Thursday, June 2, 2011

In which Trish watches "Gnomeo and Juliet", so you don't have to.

You know, it's hard to be an animation fan sometimes. Sometimes enough comments of "it's better than it looks" and/or sheer curiosity can backfire on you. And you wind up with something like "Gnomeo and Juliet" in your Netflix queue. And since you hate to send movies back without watching them, you watch it.

Well here's the thing, dear reader. This isn't just a bad movie. It'd be one thing if it were a bad movie, I could just dismiss it in one throw-away line in a post about something completely different if it were just a bad movie.

But despite what anyone in their right mind would expect from the trailer and (let's admit it) the title, this isn't in the same family of forgettable and easily dismissed bad movies as "Meet the Fockers" or "Valentine's Day" or what have you. No, "Gnomeo and Juliet" has turned out to be more along the lines of "The Star Wars Holiday Special" or "The Room". It is a
fascinatingly bad movie.

You may remember a little less than a year ago, I wrote a post about this movie that was almost entirely prompted by my disbelief that somebody actually sat down and made it. Long story short, this was a project that was pitched at Disney sometime after "Dinosaur" and "Home on the Range" and other Disney movies that probably never even got to go in the Vault. The studio was pretty desperate for another hit. So they almost made a movie where nonhumans sing Elton John songs in a very loose adaptation of a Shakespeare story. Again.

The project was scrapped years and years ago. However, last autumn, it mysteriously actually got made somehow by (according to what little I can learn from IMDB) the studio that gave the world "Space Chimps". It turns out, according to the making-of featurette on the DVD, Elton John loved this movie too much to let it die.

And so, in 2010, we got ourselves an animated film full of gags that only could have been pitched during the exceedingly specific time in history where a movie in which gnomes sing Elton John songs would have actually not been a wholly terrible idea. Thus the "American Beauty" reference pictured above. And a scene where a character does an impression of Borat. And a good old-fashioned scene where the Internet behaves like it has never ever done in anything resembling our reality.

But maybe the strangest part of this movie is the fact that the animators went all out with it. My gosh, the gnomes are adorable and the little details are stunning (if only because it's a shock to see such things in a movie like this). They've got little grass stains and moss and chips and dings and hand-painted flaws. The ivy and rhubarb plants have little veins and discolorations. Hell, this is one of the best-looking bad animated films I've ever seen.
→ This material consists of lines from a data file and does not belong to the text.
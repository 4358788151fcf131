-- ===== src/Lib.antt =====
-- The core of the Linux input method: what the keys that a user types do to the composition and to
-- the application, the session of the signed-in account, and the settings.
--
-- The program's parts. The frontend (src/IBusEngine.cpp) hands key events to one InputController
-- (src/InputController.cpp), which drives a session of the external composition library, turns
-- marks into Chinese punctuation and full-width characters with the functions of
-- src/TextTransform.cpp, and numbers every state of the composition, so that a background service
-- (src/online) can bring an answer back later and the controller can tell whether it is still
-- wanted. Separately, an AccountSession (src/account/AccountSession.cpp) keeps the signed-in
-- account: it asks the account service over the network, keeps its record in the keyring, and
-- numbers the accounts in turn, so that a late result of a worker cannot reach another account. The
-- SettingsStore (src/SettingsStore.cpp) keeps the settings in a key file and the providers'
-- credentials in a credential service; the settings window edits them through SettingsUiModel, and
-- src/online/EndpointPolicy.cpp decides to which endpoints requests may go.
--
-- Base: Boolean tests, lists on native numbers, byte strings, finite tables and bit operations.
--
-- Text models src/TextTransform.cpp and src/TextTransform.h. Text.Marks holds the marks as bytes
-- and is_punctuation, should_keep_ascii_punctuation and paired_punctuation_closing; Text.Utf8
-- encode_utf8; Text.Width to_full_width; Text.Formatter the class PunctuationFormatter, whose
-- `chinese` gives the bytes and the formatter afterwards. Bytes are numbers below 256, and code
-- points natural numbers. The nesting depth of book titles is a natural number without an upper
-- bound, where the source counts in an `int`: they differ from 2^31 unclosed book titles on.
--
-- Controller models src/InputController.cpp and src/InputController.h. Controller.Types has the
-- enums and structs of the header and `Engine`, the interface of the composition library: the calls
-- that the controller makes, each giving the session that it leaves. Controller.State has the
-- members as a record, `renew` for the statement `online_generation_ = next_online_generation()`,
-- and finish_composition_mutation; Controller.Candidates moves and selects candidates;
-- Controller.Modes changes modes, locks, width and scheme; Controller.Punctuation is
-- commit_punctuation in the parts of its body; Controller.Keys is handle_key by groups of keys;
-- Controller.Online is online_request and apply_online_candidate; Controller.Construct is the
-- constructor, given the session that the library makes; Controller.Actions lists the operations of
-- the frontend, the online answers that come back included, and runs sequences of them. An operation returns its result and the members, or
-- throws with the members as they are then: `next_online_generation` throws when the 64-bit
-- sequence is used up. That sequence is shared by all controllers of the process; it is a member
-- here, so what another controller draws during a sequence of operations is not described.
-- Positions are `std::size_t`, with wrap-around written out. A time is a number of nanoseconds that
-- the caller passes in. The theorems that need it name what they ask of the library: a call that it
-- reports as not handled leaves the composition as it is, as does a candidate that it refuses.
--
-- KeyMapper models src/IBusKeyMapper.cpp. KeyMapper.Types has the key symbols that ibus.h defines
-- as a record of numbers, and a `guint state` as the set of those modifier bits that the mapper
-- reads; KeyMapper.Tracker the class IBusModeToggleTracker, whose `chord_held` is a field of the
-- record; KeyMapper.Translate translate_ibus_key. A `char` of an event is its code.
--
-- Online.Endpoint models src/online/EndpointPolicy.cpp.
--
-- Settings models src/SettingsStore.cpp with src/SettingsStore.h, src/SecretStore.h and the
-- settings of src/VoiceInput.h and src/online/AiSuggestionProvider.h, and the edits of
-- src/SettingsUiModel.cpp. Settings.Types has the structs and their defaults; Settings.Names the
-- names of the enumerations and their readers; Settings.Valid the validators, each a list of
-- conditions that all have to hold, where the conditions that an enumeration has a name are left
-- out, since every value here has one. Settings.KeyFile is the interface of GLib's key files: it
-- holds raw values, which are written and read as strings, Booleans and integers, and KeyFileLaws
-- is what GLib documents of that, for the names of Settings.Places and the integers of a `gint`. Settings.Load is `load` in groups of keys, Settings.Save the
-- calls that fill the key file, and Settings.Disk save_unlocked, save and version with the file,
-- the file put aside and the temporary file; what the system answers to the calls of one save is a
-- record, and `write` may be cut short and interrupted any finite number of times. A place that is
-- a directory or a device is `irregular`. The lock file and the directory are answers of the
-- system. Settings.Secrets has the interface of the credential service, whose state a lookup does
-- not change, and the `load` that asks it; Settings.Plan and Settings.Commit are
-- save_with_secrets_unlocked before and from its first change, and save_if_unchanged. Text is
-- bytes, and no text holds a zero byte that GLib would stop at, since the validators refuse it.
-- Settings.Parse and Settings.Edit are SettingsUiModel::set, where a chain of comparisons of an id
-- is `select` in a list of pairs, and `after` gives the settings of the model after the edit.
--
-- Account models src/account/AccountSession.cpp with the structs of
-- src/account/BackendAccountClient.h. Account.Monad has operations that keep their changes when
-- they throw; Account.Session the members, the interface `Services` (BackendAccountClient,
-- AccountCredentialStore and the clock, as functions of an outside world that may answer anything
-- and may throw), restore, login, discard and authorized; Account.Preferences the profile and the
-- settings; Account.Operations linking, signing out and the methods that are one or two calls with
-- a token; Account.Actions all public methods as one type. The `catch` block that the source writes
-- in each method is `guarded`. The mutex makes every method one step, so a sequence of calls stands
-- for all interleavings of the worker threads. 64-bit integers are bit patterns, the generation
-- wraps around, and the clock counts seconds from 1970, with every reading before that as 0, which
-- the source refuses as well.
--
-- Not modelled: drawing and windows with the rows and labels of the settings window, the D-Bus and
-- GTK glue, the network transport and the decoding of its answers, the dictionary files, voice and
-- handwriting. The composition library is not part of the repository, so it is an interface only.
pub mod Base
pub mod Text
pub mod Controller
pub mod Account
pub mod Online
pub mod Settings
pub mod KeyMapper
(And as God as my witness, I wish I could say this was the only fascinatingly bad kiddie-oriented "Romeo and Juliet" adaptation I saw this year. Alas...)


This article showed up in my feed via a toy collecting blog I like and...

Fellow Art Evolved-kateers, this is what we are fighting. I was ready to cry. (And the comments... Dear God, the comments...)


Sketch Photograph of the Day! Just to show I have lost no love for gnomes.

5.26.11 - The Garden Gnome in his natural habitat

This also reminds me: it's been a while since we had a gardening post hasn't it?


Zach said...

While I was in the ICU, my wife and I attempted to watch this pile only to turn it off shortly after the frog scene you reference above. Nothing about the film works, and I struggle to understand how anything besides private funding (possibly from Elton himself) got it made and distributed.

Anonymous said...

I agree with your statements on Gnomeo and Juliet, as well as your exasperation on that dinosaur toys link. FFS, why does the pop culture mill seem to think that the "Toroceratops" hypothesis is widely accepted and set in stone?